# regalo



## omicron (1 Marzo 2022)

l'amica che era in ospedale è tornata a casa, tra un paio di settimane pensavo di andare a trovarla e, visto che è anche il suo compleanno, di farle un regalo. stavo pensando ad un diffusore di aromi con un kit di oli essenziali, mia sorella però sostiene sia meglio una yankee candle...  però la mia amica non è tipo da candele... però ora sono un po' indecisa. 
idee? anche lei compie 40 anni


----------



## ivanl (1 Marzo 2022)

Se non sai cosa regalare, non è amica, è conoscente.


----------



## Etta (1 Marzo 2022)

omicron ha detto:


> l'amica che era in ospedale è tornata a casa, tra un paio di settimane pensavo di andare a trovarla e, visto che è anche il suo compleanno, di farle un regalo. stavo pensando ad un diffusore di aromi con un kit di oli essenziali, mia sorella però sostiene sia meglio una yankee candle...  però la mia amica non è tipo da candele... però ora sono un po' indecisa.
> idee? anche lei compie 40 anni











						Sexy Shop Online | MySecretCase
					

Scopri il Sexy Shop Online #1 in Italia. MySecretCase, il paradiso del piacere per coppie, donne e uomini. Pacco anonimo e Spedizione gratuita.




					www.mysecretcase.com


----------



## omicron (1 Marzo 2022)

ivanl ha detto:


> Se non sai cosa regalare, non è amica, è conoscente.


dove hai letto che non so cosa regalare?


----------



## omicron (1 Marzo 2022)

Etta ha detto:


> Sexy Shop Online | MySecretCase
> 
> 
> Scopri il Sexy Shop Online #1 in Italia. MySecretCase, il paradiso del piacere per coppie, donne e uomini. Pacco anonimo e Spedizione gratuita.
> ...


è appena operata, ora non è in forma per queste cose


----------



## Etta (1 Marzo 2022)

omicron ha detto:


> è appena operata, ora non è in forma per queste cose


Vabbè ma prima o poi tornerà in forma no?


----------



## omicron (1 Marzo 2022)

Etta ha detto:


> Vabbè ma prima o poi tornerà in forma no?

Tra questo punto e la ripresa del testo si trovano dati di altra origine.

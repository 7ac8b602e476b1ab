-- ===== src/E820/Tests.antt =====
-- The choice of memory/memory.c in a map of three entries.
use peach_os64bit_module_two.Common.{◌+◌, ◌*◌, ◌≡◌, refl, some, ◌==◌, if◌then◌else◌}
use peach_os64bit_module_two.E820.{
  MemoryMap, choose, largest_loop, e820_largest_free_entry, accessible_loop,
  e820_total_accessible_memory,
}

-- The last entry is the longest, but not usable.
abbrev three : MemoryMap
three = record {
  entries = λ i. record {
    base_addr = i * 4096;
    length = (i + 1) * 4096;
    type = if i == 2 then 2 else 1;
    extended_attr = 0;
  };
  total_entries = 3;
}

three_largest : e820_largest_free_entry three ≡ some 1
unfolding e820_largest_free_entry largest_loop choose
three_largest = refl

three_accessible : e820_total_accessible_memory three ≡ 0x3000
unfolding e820_total_accessible_memory accessible_loop
three_accessible = refl
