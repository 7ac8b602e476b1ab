-- ===== src/Strings.antt =====
-- The routines of string/string.c. A string that is only read is the function of its offsets; one
-- that is written lies in a memory.
pub mod Length
pub mod Compare
pub mod Copy
pub mod Decimal
mod Tests
use peach_os64bit_module_two.Common.{
  ℕ, zero, suc, ◌+◌, ◌-◌, ◌/◌, ◌%◌, ◌^◌, Bool, true, false, not, ◌&&◌, ◌||◌, Option, none, some,
  List, [], ◌∷◌, ltb, leb, ◌==◌, if◌then◌else◌, update,
}
use peach_os64bit_module_two.Common.Int.{ℤ, pos, negsuc, sub_ℕ, magnitude}
use peach_os64bit_module_two.Memory.{Mem}

-- Bytes from 128 on are negative `char`s, and no upper-case letters.
unfoldable pub tolower : ℕ → ℕ
tolower s1 = if leb 65 s1 && leb s1 90 then s1 + 32 else s1

-- `none`: no terminator within the fuel, or none before the counter, an `int`, overflows.
unfoldable pub strlen : ℕ → (ℕ → ℕ) → Option ℕ
strlen zero ptr = none
strlen (suc fuel) ptr =
    let rest = strlen fuel (λ i. ptr (i + 1)) in
    if ptr 0 == 0
    then some 0
    else (elim rest [ none ↦ none | some n ↦ if ltb (n + 1) (2 ^ 31) then some (n + 1) else none ])

-- The loop of `strnlen_terminator`, `rounds` before `max`.
terminator_loop : ℕ → (ℕ → ℕ) → ℕ → ℕ → ℕ
terminator_loop zero str terminator i = i
terminator_loop (suc rounds) str terminator i =
    let rest = terminator_loop rounds str terminator (i + 1) in
    if str i == 0 || str i == terminator then i else rest

unfoldable pub strnlen_terminator : (ℕ → ℕ) → ℕ → ℕ → ℕ
unfolding terminator_loop
strnlen_terminator str max terminator = terminator_loop max str terminator 0

strnlen_loop : ℕ → (ℕ → ℕ) → ℕ → ℕ
strnlen_loop zero ptr i = i
strnlen_loop (suc rounds) ptr i =
    let rest = strnlen_loop rounds ptr (i + 1) in if ptr i == 0 then i else rest

unfoldable pub strnlen : (ℕ → ℕ) → ℕ → ℕ
unfolding strnlen_loop
strnlen ptr max = strnlen_loop max ptr 0

unfoldable pub istrncmp : (ℕ → ℕ) → (ℕ → ℕ) → ℕ → ℤ
istrncmp s1 s2 zero = pos 0
istrncmp s1 s2 (suc n) =
    let rest = istrncmp (λ i. s1 (i + 1)) (λ i. s2 (i + 1)) n in
    if not (s1 0 == s2 0) && not (tolower (s1 0) == tolower (s2 0))
    then sub_ℕ (s1 0) (s2 0)
    else if s1 0 == 0
    then pos 0
    else rest

unfoldable pub strncmp : (ℕ → ℕ) → (ℕ → ℕ) → ℕ → ℤ
strncmp str1 str2 zero = pos 0
strncmp str1 str2 (suc n) =
    let rest = strncmp (λ i. str1 (i + 1)) (λ i. str2 (i + 1)) n in
    if not (str1 0 == str2 0) then sub_ℕ (str1 0) (str2 0) else if str1 0 == 0 then pos 0 else rest

-- `none`: no terminator within the fuel, or none before the counter, an `int`, overflows.
unfoldable pub strcpy : ℕ → Mem → ℕ → ℕ → Option Mem
strcpy zero m dest src = none
strcpy (suc fuel) m dest src =
    let rest = strcpy fuel (update m dest (m src)) (dest + 1) (src + 1) in
    if m src == 0 then some (update m dest 0) else rest

-- The loop of `strncpy`, `rounds` before `count - 1`.
strncpy_loop : ℕ → Mem → ℕ → ℕ → ℕ → Mem
strncpy_loop zero m dest src i = update m (dest + i) 0
strncpy_loop (suc rounds) m dest src i =
    let rest = strncpy_loop rounds (update m (dest + i) (m (src + i))) dest src (i + 1) in
    if m (src + i) == 0 then update m (dest + i) 0 else rest

unfoldable pub strncpy : Mem → ℕ → ℕ → ℕ → Mem
unfolding strncpy_loop
strncpy m dest src count = strncpy_loop (count - 1) m dest src 0

-- `while (i)`: the decimal digits of the magnitude, written from the end of the buffer.
digits_loop : ℕ → ℕ → List ℕ → Option (List ℕ)
digits_loop zero n text = none
digits_loop (suc fuel) n text =
    let rest = digits_loop fuel (n / 10) ((b'0' + n % 10) ∷ text) in
    if n == 0 then some text else rest

-- What `itoa` does after the loop: a `0` where there is no digit, and the sign.
signed_text : ℤ → List ℕ → List ℕ
signed_text (pos n) [] = b'0' ∷ []
signed_text (pos n) (c ∷ cs) = c ∷ cs
signed_text (negsuc n) [] = b'-' ∷ b'0' ∷ []
signed_text (negsuc n) (c ∷ cs) = b'-' ∷ c ∷ cs

-- The text before its terminator, as it ends up in the static buffer. Ten digits are the most that
-- an `int` has; the eleventh round of the fuel sees 0.
pub itoa : ℤ → Option (List ℕ)
itoa i = elim (digits_loop 11 (magnitude i) []) [
  | none ↦ none
  | some text ↦ some (signed_text i text)
]

unfoldable pub isdigit : ℕ → Bool
isdigit c = leb 48 c && leb c 57

unfoldable pub tonumericdigit : ℕ → ℤ
tonumericdigit c = sub_ℕ c 48
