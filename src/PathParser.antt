-- ===== src/PathParser.antt =====
-- The path parser of fs/pparser.c. A C string is the list of its characters before the terminator;
-- the linked list of parts is a list. `alloc n` says whether the n-th call of `kzalloc` succeeds,
-- and `primary` is the id of the disk that `disk_primary_fs_disk` returns.
pub mod Split
pub mod Parse
pub mod Total
mod Tests
use Prim.Native.Nat.{Ordering}
use peach_os64bit_module_two.Common.{
  ℕ, zero, suc, ◌+◌, Bool, true, false, not, ◌&&◌, ◌||◌, Option, none, some, List, [], ◌∷◌, ltb,
  leb, ◌==◌, if◌then◌else◌, length, get_or,
}
use peach_os64bit_module_two.Common.Int.{ℤ, pos}
use peach_os64bit_module_two.Status.{Result, ok, err, ebadpath, eio}
use peach_os64bit_module_two.Memory.{memcmp}
use peach_os64bit_module_two.Strings.{strnlen, isdigit, tonumericdigit}

abbrev pub max_path : ℕ
max_path = 108

-- `struct path_root`, with the strings of its `struct path_part`s.
pub record PathRoot : Type 0 where
  pub drive_no : ℤ
  pub parts : List (List ℕ)

-- What stands at an offset of a string, the terminator included.
abbrev pub char_at : List ℕ → ℕ → ℕ
char_at path i = get_or path i 0

abbrev is_equal : Ordering → Bool
is_equal o = elim o [ Ordering.eq ↦ true | _ ↦ false ]

path_valid_format : List ℕ → Bool
path_valid_format filename =
    leb 3 (strnlen (char_at filename) max_path)
    && (isdigit (char_at filename 0) || char_at filename 0 == b'@')
    && is_equal (memcmp (λ i. char_at filename (i + 1)) (λ i. get_or (b':' ∷ b'/' ∷ []) i 0) 2)

abbrev drop_three : List ℕ → List ℕ
drop_three (a ∷ b ∷ c ∷ rest) = rest
drop_three _ = []

-- The drive, and the path behind it.
get_drive_by_path : Option ℕ → List ℕ → Result (ℤ × List ℕ)
unfolding path_valid_format
get_drive_by_path primary path =
    if not (path_valid_format path)
    then err ebadpath
    else if char_at path 0 == b'@'
    then (elim primary [ none ↦ err eio | some id ↦ ok (pos id, drop_three path) ])
    else ok (tonumericdigit (char_at path 0), drop_three path)

-- The loop of `pathparser_get_path_part`: the characters before the next `/`, and the rest.
part_chars : List ℕ → List ℕ × List ℕ
part_chars [] = ([], [])
part_chars (c ∷ cs) =
    let (part, rest) = part_chars cs in if c == b'/' then ([], c ∷ cs) else (c ∷ part, rest)

-- `if (**path == '/') *path += 1;`
skip_slash : List ℕ → List ℕ
skip_slash [] = []
skip_slash (c ∷ cs) = if c == b'/' then cs else c ∷ cs

nonempty : List ℕ → Option (List ℕ)
nonempty [] = none
nonempty (c ∷ cs) = some (c ∷ cs)

-- The part and the path behind it, `got` being the outcome of `kzalloc`.
get_path_part : Bool → List ℕ → Option (List ℕ) × List ℕ
get_path_part got path =
    if got
    then (let (part, rest) = part_chars path in (nonempty part, skip_slash rest))
    else (none, path)

-- The part, the number of allocations made until then, and the path behind it.
parse_path_part : (ℕ → Bool) → ℕ → List ℕ → Option (List ℕ) × ℕ × List ℕ
parse_path_part alloc n path =
    let (part, rest) = get_path_part (alloc n) path in
    elim part [
      | none ↦ (none, n + 1, rest)
      | some str ↦ if alloc (n + 1) then (some str, n + 2, rest) else (none, n + 2, rest)
    ]

-- `while (part) part = pathparser_parse_path_part(...)`: `none` if the fuel runs out.
pub parts_loop : ℕ → (ℕ → Bool) → ℕ → List ℕ → Option (List (List ℕ))
parts_loop zero alloc n path = none
parts_loop (suc fuel) alloc n path =
    let (part, n', rest) = parse_path_part alloc n path in
    elim part [
      | none ↦ some []
      | some str ↦ (elim (parts_loop fuel alloc n' rest) [
        | none ↦ none
        | some strs ↦ some (str ∷ strs)
      ])
    ]

-- The root, once there is a first part.
rooted : ℤ → Option (List (List ℕ)) → Option (Option PathRoot)
rooted drive none = none
rooted drive (some []) = some none
rooted drive (some (first ∷ more)) = some (some (record { drive_no = drive; parts = first ∷ more }))

-- `pathparser_parse`. The outer option is the fuel, one round for each character and one more; the
-- inner one is the pointer, `none` for NULL.
pub parse : (ℕ → Bool) → Option ℕ → List ℕ → Option (Option PathRoot)
parse alloc primary path =
    if ltb max_path (length path) then some none else (elim (get_drive_by_path primary path) [
      | err _ ↦ some none
      | ok (drive, rest) ↦
          if alloc 0 then rooted drive (parts_loop (length path + 1) alloc 1 rest) else some none
    ])
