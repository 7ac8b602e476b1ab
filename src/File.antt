-- ===== src/File.antt =====
-- The open files of fs/file.c. A file system is the table of its functions, over whatever `W` they
-- change; the disks come from `disk_get`. A pointer is an address, a descriptor stands in its slot.
pub mod Table
pub mod Open
pub mod Close
pub mod Refine
pub mod Session
mod Tests
use peach_os64bit_module_two.Common.{
  ℕ, zero, suc, ◌+◌, ◌-◌, ◌%◌, ◌^◌, Bool, true, false, not, ◌&&◌, ◌||◌, Option, none, some, List,
  [], ◌∷◌, ltb, leb, ◌==◌, if◌then◌else◌, update, get_or,
}
use peach_os64bit_module_two.Common.Int.{ℤ, pos, negsuc}
use peach_os64bit_module_two.Status.{Result, ok, err, eio, einvarg, enomem}
use peach_os64bit_module_two.Strings.{strncmp}
use peach_os64bit_module_two.PathParser.{PathRoot, parse}

abbrev pub max_filesystems : ℕ
max_filesystems = 12

abbrev pub max_file_descriptors : ℕ
max_file_descriptors = 512

pub data FileMode : Type 0 where
  read_mode write_mode append_mode invalid_mode : FileMode

pub data SeekMode : Type 0 where
  seek_set seek_cur seek_end : SeekMode

pub record FileStat : Type 0 where
  pub flags : ℕ
  pub filesize : ℕ

-- `struct filesystem`, without its name. `resolve` says 0 by `true`.
pub record Filesystem (W : Type 0) : Type 0 where
  pub resolve : W → ℕ → Bool × W
  pub open_file : W → ℕ → List (List ℕ) → FileMode → ℕ × W
  pub read : W → ℕ → ℕ → ℕ → ℕ → ℕ → Result ℕ × W
  pub seek : W → ℕ → ℤ → SeekMode → Result ℕ × W
  pub stat : W → ℕ → ℕ → Result FileStat × W
  pub close : W → ℕ → Result ℕ × W

-- What fopen reads of a `struct disk`: its address and its file system, if one is mounted.
pub record MountedDisk (W : Type 0) : Type 0 where
  pub address : ℕ
  pub filesystem : Option (Filesystem W)

-- `struct file_descriptor`
pub record FileDescriptor (W : Type 0) : Type 0 where
  pub index : ℕ
  pub filesystem : Filesystem W
  pub private : ℕ
  pub disk : ℕ

-- `file_descriptors`, and what the file systems change.
pub record Files (W : Type 0) : Type 0 where
  pub file_descriptors : ℕ → Option (FileDescriptor W)
  pub world : W

-- `ISERR`: the low 32 bits of the value are negative as an `int`.
abbrev pub iserr : ℕ → Bool
iserr p = leb (2 ^ 31) (p % 2 ^ 32)

-- `file_get_mode_by_string`
unfoldable pub file_get_mode_by_string : (ℕ → ℕ) → FileMode
file_get_mode_by_string str =
    if is_zero (strncmp str (λ i. get_or (b'r' ∷ []) i 0) 1)
    then read_mode
    else if is_zero (strncmp str (λ i. get_or (b'w' ∷ []) i 0) 1)
    then write_mode
    else if is_zero (strncmp str (λ i. get_or (b'a' ∷ []) i 0) 1)
    then append_mode
    else invalid_mode
  where
    is_zero : ℤ → Bool
    is_zero (pos n) = n == 0
    is_zero (negsuc n) = false

-- The loop of `fs_get_free_filesystem`: the first of `rounds` more slots that is free.
unfoldable pub free_slot : {A : Type 0} → ℕ → (ℕ → Option A) → ℕ → Option ℕ
free_slot zero table i = none
free_slot (suc rounds) table i =
    let rest = free_slot rounds table (i + 1) in elim (table i) [ none ↦ some i | some _ ↦ rest ]

module _ {W : Type 0} where
  -- `fs_insert_filesystem`: `none` is the endless loop of a full table.
  unfoldable pub fs_insert_filesystem :
      (ℕ → Option (Filesystem W)) → Filesystem W → Option (ℕ → Option (Filesystem W))
  fs_insert_filesystem filesystems filesystem = elim (free_slot max_filesystems filesystems 0) [
    | none ↦ none
    | some i ↦ some (update filesystems i (some filesystem))
  ]

  -- The loop of `fs_resolve`.
  unfoldable pub resolve_loop :
      ℕ → (ℕ → Option (Filesystem W)) → ℕ → ℕ → W → Option (Filesystem W) × W
  resolve_loop zero filesystems i disk w = (none, w)
  resolve_loop (suc rounds) filesystems i disk w = elim (filesystems i) [
    | none ↦ resolve_loop rounds filesystems (i + 1) disk w
    | some fs ↦
        let (here, w') = fs.resolve w disk in
        let rest = resolve_loop rounds filesystems (i + 1) disk w' in
        if here then (some fs, w') else rest
  ]

  unfoldable pub fs_resolve : (ℕ → Option (Filesystem W)) → ℕ → W → Option (Filesystem W) × W
  fs_resolve filesystems disk w = resolve_loop max_filesystems filesystems 0 disk w

  -- `file_free_descriptor`
  unfoldable pub file_free_descriptor : Files W → FileDescriptor W → Files W
  file_free_descriptor s desc = record s {
    file_descriptors = update s.file_descriptors (desc.index - 1) none;
  }

  -- The search of `file_new_descriptor`, which does not test what kzalloc returns. The fields of
  -- the descriptor but its index are those that fopen then sets.
  unfoldable pub file_new_descriptor : Files W → Filesystem W → ℕ → ℕ → Result ℕ × Files W
  file_new_descriptor s filesystem private disk =
      elim (free_slot max_file_descriptors s.file_descriptors 0) [
        | none ↦ (err enomem, s)
        | some i ↦
            let desc : FileDescriptor W = record {
              index = i + 1;
              filesystem = filesystem;
              private = private;
              disk = disk;
            } in
            (ok (i + 1), record s { file_descriptors = update s.file_descriptors i (some desc) })
      ]

  -- `file_get_descriptor`, for an `int`.
  unfoldable pub file_get_descriptor : Files W → ℤ → Option (FileDescriptor W)
  file_get_descriptor s (negsuc n) = none
  file_get_descriptor s (pos fd) =
      if fd == 0 || leb max_file_descriptors fd then none else s.file_descriptors (fd - 1)

  -- The error path of fopen closes what the file system's open returned, unless that is NULL.
  unfoldable pub close_private : Files W → Filesystem W → ℕ → Files W
  close_private s filesystem private =
      if private == 0 then s else record s { world = (filesystem.close s.world private).1 }

  unfoldable pub answered : Bool → Files W → Result ℕ × Files W → ℕ × Files W
  answered true closed (r, s') = (0, closed)
  answered false closed (ok fd, s') = (fd, s')
  answered false closed (err _, s') = (0, closed)

  -- fopen from the call of the file system's open on.
  unfoldable pub opened : Files W → Filesystem W → ℕ → ℕ → ℕ × Files W
  opened s filesystem private disk =
      answered (iserr private) (close_private s filesystem private)
        (file_new_descriptor s filesystem private disk)

  -- fopen on a file system.
  unfoldable pub open_mounted :
      Files W → FileMode → List (List ℕ) → ℕ → Option (Filesystem W) → ℕ × Files W
  open_mounted s mode path disk none = (0, s)
  open_mounted s mode path disk (some fs) =
      let (private, w) = fs.open_file s.world disk path mode in
      opened (record s { world = w }) fs private disk

  -- fopen from the disk on.
  unfoldable pub open_on : Files W → FileMode → List (List ℕ) → Option (MountedDisk W) → ℕ × Files W
  open_on s mode path none = (0, s)
  open_on s invalid_mode path (some disk) = (0, s)
  open_on s mode path (some disk) = open_mounted s mode path disk.address disk.filesystem

  -- `fopen` from the parsed path on, and the whole of it, where `none` says that the parser runs
  -- out of fuel. Its result 0 stands for every failure.
  unfoldable pub fopen_root :
      (W → ℤ → Option (MountedDisk W)) → Files W → Option PathRoot → (ℕ → ℕ) → ℕ × Files W
  fopen_root disk_get s none mode_str = (0, s)
  fopen_root disk_get s (some root) mode_str = elim root.parts [
    | [] ↦ (0, s)
    | first ∷ rest ↦
        open_on s (file_get_mode_by_string mode_str) (first ∷ rest) (disk_get s.world root.drive_no)
  ]

  unfoldable pub fopen :
      (ℕ → Bool)
      → Option ℕ
      → (W → ℤ → Option (MountedDisk W))
      → Files W
      → List ℕ
      → (ℕ → ℕ)
      → Option (ℕ × Files W)
  fopen alloc primary disk_get s filename mode_str = elim (parse alloc primary filename) [
    | none ↦ none
    | some root ↦ some (fopen_root disk_get s root mode_str)
  ]

  unfoldable pub fstat : Files W → ℤ → Result FileStat × Files W
  fstat s fd = elim (file_get_descriptor s fd) [
    | none ↦ (err eio, s)
    | some desc ↦
        let (r, w) = desc.filesystem.stat s.world desc.disk desc.private in
        (r, record s { world = w })
  ]

  -- What fclose does after the file system's close.
  unfoldable pub after_close : Files W → FileDescriptor W → Result ℕ → Files W
  after_close s desc (err _) = s
  after_close s desc (ok n) = if n == 0 then file_free_descriptor s desc else s

  unfoldable pub fclose : Files W → ℤ → Result ℕ × Files W
  fclose s fd = elim (file_get_descriptor s fd) [
    | none ↦ (err eio, s)
    | some desc ↦
        let (r, w) = desc.filesystem.close s.world desc.private in
        (r, after_close (record s { world = w }) desc r)
  ]

  unfoldable pub fseek : Files W → ℤ → ℤ → SeekMode → Result ℕ × Files W
  fseek s fd offset whence = elim (file_get_descriptor s fd) [
    | none ↦ (err eio, s)
    | some desc ↦
        let (r, w) = desc.filesystem.seek s.world desc.private offset whence in
        (r, record s { world = w })
  ]

  unfoldable pub fread : Files W → ℕ → ℕ → ℕ → ℤ → Result ℕ × Files W
  fread s ptr size nmemb fd =
      if size == 0 || nmemb == 0 then (err einvarg, s) else (elim (file_get_descriptor s fd) [
        | none ↦ (err einvarg, s)
        | some desc ↦
            let (r, w) = desc.filesystem.read s.world desc.disk desc.private size nmemb ptr in
            (r, record s { world = w })
      ])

quelle cose lascio che se le compri insieme al compagno


----------



## ivanl (1 Marzo 2022)

omicron ha detto:


> dove hai letto che non so cosa regalare?





> però ora sono un po' indecisa.
> idee?


da te


----------



## omicron (1 Marzo 2022)

ivanl ha detto:


> da te


io ho scritto che ho già pensato ad un regalo ma che sono indecisa, poi ovvio che se qualcuno desse un'idea che ci sta, potrei sempre seguirla, altrimenti farei il regalo che ho deciso 
se non sai essere utile puoi anche lasciar perdere


----------



## Pincopallino (1 Marzo 2022)

omicron ha detto:


> l'amica che era in ospedale è tornata a casa, tra un paio di settimane pensavo di andare a trovarla e, visto che è anche il suo compleanno, di farle un regalo. stavo pensando ad un diffusore di aromi con un kit di oli essenziali, mia sorella però sostiene sia meglio una yankee candle...  però la mia amica non è tipo da candele... però ora sono un po' indecisa.
> idee? anche lei compie 40 anni


Alla Lidl c’era settimana scorsa il diffusore di aromi, una bella cinesata a 19,90.


----------



## ivanl (1 Marzo 2022)

io sono sempre utile, per definizione. Anzi, risolutivo quasi sempre.
riformulando, visto che non si è capito: se è amica tua, quello che hai deciso di regalare è sicuramente la scelta più giusta.
baci


----------



## omicron (1 Marzo 2022)

Pincopallino ha detto:


> Alla Lidl c’era settimana scorsa il diffusore di aromi, una bella cinesata a 19,90.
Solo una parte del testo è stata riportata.